The World Health Organization (WHO) is collecting data on vaccination rates and measles cases worldwide. In the following scatter-plot each dot represents one country. The size corresponds to its population. The nation’s, respectivey their dots, are sorted by their measles cases per 1 million inhabitants (x-axis) and vaccination rates (y-axis). This means that the dot of a country with no reported case will be on the very left side of the graphics, while a higher number of cases per one million inhabitants will lead to a position more to the right of the figure. The altitude of a dot is dictated by the country’s vaccination rate. Nations with low vaccination rates are towards the bottom of the figure (e.g. South Sudan with 22%), while those found on the very top of it are having a vaccination rate of 99% (e.g. China and Thailand). Or better: shoud have.

 

Hover the mouse over a dot to get more information. Use the magnifier (bottom left) to zoom in, the cursor to navigate when zoomed in and the house to return to the full-size view.

Mongolia’s position within the graph’s coordinate system (in the top right corner) hints at a contradiction: since the vaccination against measles is a very effective one, it is extremely unlikely that a vaccination rate of 98% would allow 50,000 cases of measles. One could argue that Mongolia is a developing country and far away from Europe. But even at the heart of Europe one can find countries with doubtful data. And that is not only Bosnia and Herzegovina, but also EU-member Romania, as our graphic shows.

Of interest is the vertical band of nations on the very left edge. These are almost all archipelagic states and/or countries with extremely small populations. Apparently their isolated location is offering a certrain degree of protection from measles epidemics. But this protection from isoliation is only an illusion, as the latest events show. The currently ongoing (Dezember 2019) measles-epidemy in Samoa already killed more than 60 people. You can find Samoa in our graph (data from 2013-2017) on the very left, second from bottom. With more than 4300 reported cases (and a population of 200,000) it would now have a rate of 21,500 cases per 1m and hence be in the right third of the graph.

With sound data towards a measles free world

Measles are an extremely contagious and potentially lethal disease.
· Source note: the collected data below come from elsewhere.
-- ===== src/VirtualBox/Create/Share.antt =====
-- Reading the flag virtualbox-share-folder back: parseShareFolder of drivers/virtualbox/virtualbox.go.
use machine.Base.{
  ℕ, ◌≡◌, refl, sym, ap, ◌∙◌, Bool-cases, inl, inr, List, [], ◌∷◌, ◌++◌, ◌==◌, ==_iff,
}
use machine.Text.{Text, split, cons_head}
use machine.Text.Bytes.{Lacks, split-append_last}
use machine.Text.Scan.{join_with}
use machine.VirtualBox.Create.{split_last, parse_share_folder}

split_last-append : (xs : List Text) (y : Text) → split_last (xs ++ y ∷ []) ≡ (xs, y)
split_last-append [] y = refl
split_last-append (x ∷ []) y = refl
split_last-append (x ∷ x' ∷ xs) y = ap (λ p. (x ∷ p.0, p.1)) (split_last-append (x' ∷ xs) y)

join_with-cons_head :
    (sep : Text) (c : ℕ) (fields : List Text)
    → join_with sep (cons_head c fields) ≡ c ∷ join_with sep fields
unfolding join_with
join_with-cons_head sep c [] = refl
join_with-cons_head sep c (f ∷ []) = refl
join_with-cons_head sep c (f ∷ g ∷ fields) = refl

-- There is always a first field.
split-some :
    (sep : ℕ) (s : Text) → (field : Text) × (fields : List Text) × (split sep s ≡ field ∷ fields)
unfolding split
split-some sep [] = ([], [], refl)
split-some sep (c ∷ s) = elim (Bool-cases (c == sep)) [
  | inl e ↦ ([], split sep s, rw e refl)
  | inr e ↦
      let (field, fields, same) = split-some sep s in
      (c ∷ field, fields, rw e (ap (cons_head c) same))
]

join_with-split : (sep : ℕ) (s : Text) → join_with (sep ∷ []) (split sep s) ≡ s
unfolding join_with split
join_with-split sep [] = refl
join_with-split sep (c ∷ s) = elim (Bool-cases (c == sep)) [
  | inl e ↦
      let (field, fields, same) = split-some sep s in
      rw e (
        ap (λ fs. join_with (sep ∷ []) ([] ∷ fs)) same
        ∙ (ap (λ fs. sep ∷ join_with (sep ∷ []) fs) (sym same)
            ∙ (ap (λ t. sep ∷ t) (join_with-split sep s)
                ∙ ap (λ x. x ∷ s) (sym ((==_iff c sep).0 e)))))
  | inr e ↦
      rw e
        (join_with-cons_head (sep ∷ []) c (split sep s) ∙ ap (λ t. c ∷ t) (join_with-split sep s))
]

-- A directory and a name that has no colon are read back from the two with a colon between them,
-- colons in the directory included.
pub parse_share_folder-append :
    (dir name : Text) → Lacks b':' name → parse_share_folder (dir ++ b':' ∷ name) ≡ (dir, name)
unfolding parse_share_folder
parse_share_folder-append dir name h =
    ap (λ fs. (join_with (b':' ∷ []) (split_last fs).0, (split_last fs).1))
      (split-append_last b':' dir name h)
    ∙ (ap (λ p. (join_with (b':' ∷ []) p.0, p.1)) (split_last-append (split b':' dir) name)
        ∙ ap (λ t. (t, name)) (join_with-split b':' dir))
Subsequently the goal is to eradicate this disease. The World Health Organisation (WHO) is keeping track of the progress towards the disease’s extinction. It collects government data on vaccination rates as well as cases of the disease. Since every case of measles is a reportable event this data can be expected to be fairly precise. Vaccination rates are a different story. Hardly any country is maintaining a compulsory record of vaccinations and hence these figures have to be estimated or extrapolated in a complex manner. The countrie’s governments are reporting the vaccination rates for 1-2 year old children to the WHO. The WHO aims at a 95% vaccination rate for this cohort, as this will leads to a protection of the whole population.
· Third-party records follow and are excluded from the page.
-- ===== src/Admission/Items.antt =====
-- internal/admission/registry.go: each item has a line of its own.
use flashsale_reservation.Prelude.{
  ◌≡◌, ◌≢◌, inl, inr, refl, sym, ap, ◌∙◌, subst, false, some, List, [], ◌∷◌, arith, if◌then◌else◌,
  Bool-cases, Option-cases,
}
use flashsale_reservation.Prelude.Text.{Text, text_eq, text_eq_self, text_eq_iff}
use flashsale_reservation.Admission.{
  Admitter, Event, Reply, turn, run, Registry, find_admitter, for_item, update, serve, serve_events,
}

-- The admitter that `For` gives for the item.
abbrev pub line : Text → Registry → Admitter
line item reg = (for_item item reg).0

-- The events, and the replies, of one item among those of all.
abbrev pub only {ℓ} : {A : Type ℓ} → Text → List (Text × A) → List A
only item [] = []
only item ((i, a) ∷ xs) = if text_eq i item then a ∷ only item xs else only item xs

update-same :
    (item : Text) (a b : Admitter) (reg : Registry)
    → find_admitter item reg ≡ some b
    → find_admitter item (update item a reg) ≡ some a
unfolding find_admitter update
update-same item a b [] h = absurd (ground arith)
update-same item a b ((i, c) ∷ reg) h = elim (Bool-cases (text_eq i item)) [
  | inl same ↦ ground arith
  | inr other ↦ rw other (rw other (update-same item a b reg (ground arith)))
]

apart : (s t : Text) → s ≢ t → text_eq s t ≡ false
apart s t h = elim (Bool-cases (text_eq s t)) [
  | inl same ↦ absurd (h ((text_eq_iff s t).0 same))
  | inr e ↦ e
]

update-other :
    (item other : Text) (a : Admitter) (reg : Registry)
    → item ≢ other
    → find_admitter other (update item a reg) ≡ find_admitter other reg
unfolding find_admitter update
update-other item other a [] h = refl
update-other item other a ((i, c) ∷ reg) h = elim (Bool-cases (text_eq i item)) [
  | inl same ↦
      let ne : text_eq i other ≡ false =
        subst (λ (t : Text). text_eq t other ≡ false) (sym ((text_eq_iff i item).0 same))
          (apart item other h) in
      rw same (rw (ne, find_admitter) refl)
  | inr distinct ↦ rw distinct (ground (arith, update-other item other a reg h))
]

pub for_item-found :
    (item : Text) (reg : Registry)
    → find_admitter item (for_item item reg).1 ≡ some (for_item item reg).0
unfolding for_item find_admitter
for_item-found item reg = elim (Option-cases (find_admitter item reg)) [
  | inl new ↦ ground (arith, text_eq_self item)
  | inr (a, e) ↦ ground arith
]

pub for_item-other :
    (item other : Text) (reg : Registry)
    → item ≢ other
    → find_admitter other (for_item item reg).1 ≡ find_admitter other reg
unfolding for_item find_admitter
for_item-other item other reg h = elim (Option-cases (find_admitter item reg)) [
  | inl new ↦ ground (arith, apart item other h)
  | inr (a, e) ↦ ground arith
]

pub line_of :
    (item : Text) (reg reg' : Registry)
    → find_admitter item reg ≡ find_admitter item reg'
    → line item reg ≡ line item reg'
unfolding for_item
line_of item reg reg' h = elim (Option-cases (find_admitter item reg)) [
  | inl new ↦ ground arith
  | inr (a, e) ↦ ground arith
]

pub line-found :
    (item : Text) (a : Admitter) (reg : Registry)
    → find_admitter item reg ≡ some a
    → line item reg ≡ a
unfolding for_item
line-found item a reg h = ground arith

pub serve-same :
    (item : Text) (e : Event) (reg : Registry)
    → line item (serve item e reg).1 ≡ (turn e (line item reg)).1
unfolding serve for_item
serve-same item e reg = line-found item (turn e (line item reg)).1 _ (
    update-same item (turn e (line item reg)).1 (line item reg) (for_item item reg).1
      (for_item-found item reg))

pub serve-other :
    (item other : Text) (e : Event) (reg : Registry)
    → item ≢ other
    → line other (serve item e reg).1 ≡ line other reg
unfolding serve
serve-other item other e reg h = line_of other _ _ (
    update-other item other (turn e (line item reg)).1 (for_item item reg).1 h
    ∙ for_item-other item other reg h)

-- One registry of many items serves each as an admitter of its own: for any series of events for
-- any items, an item's replies and its admitter are those of `run` on that item's events alone.
pub serve_events_separates :
    (es : List (Text × Event)) (reg : Registry) (item : Text)
    → let (replies, reg') = serve_events es reg in
      (only item replies, line item reg') ≡ run (only item es) (line item reg)
unfolding serve_events serve run
serve_events_separates [] reg item = refl
serve_events_separates ((i, e) ∷ es) reg item = elim (Bool-cases (text_eq i item)) [
  | inl same ↦
      let rest = serve_events_separates es (serve i e reg).1 i in
      let mine =
        ap (λ (p : List Reply × Admitter). ((turn e (line i reg)).0 ∷ p.0, p.1))
          (rest ∙ ap (λ (a : Admitter). run (only i es) a) (serve-same i e reg)) in
      subst
        (λ (t : Text).
          let (replies, reg') = serve_events ((i, e) ∷ es) reg in
          (only t replies, line t reg') ≡ run (only t ((i, e) ∷ es)) (line t reg))
        ((text_eq_iff i item).0 same) (rw (text_eq_self i) mine)
  | inr other ↦
      let ne : i ≢ item = λ eq. absurd (ground (arith, (text_eq_iff i item).1 eq)) in
      rw other (
        serve_events_separates es (serve i e reg).1 item
        ∙ ap (λ (a : Admitter). run (only item es) a) (serve-other i item e reg ne))
]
Austria, highlighted orange in the graphics, does also not posses a compulsory vaccination record. To ensure a high quality for figure of vaccination rates despite this lacking, dwh is conduction research, commissioned by the Ministry of Health and in cooperation with the Vienna University of Technology and Dexhelpp. The research results have been published by the Ministry of Health.

Data Sources:

Data used is from the period 2013-2017, Source for vaccination rates is the WHO, it represents the share of 1-year-olds that have recieved at least one dose of MCV (Measles Containing Vaccine). Data on recorded cases of measles is also taken from the WHO, population data was taken from the worldbank.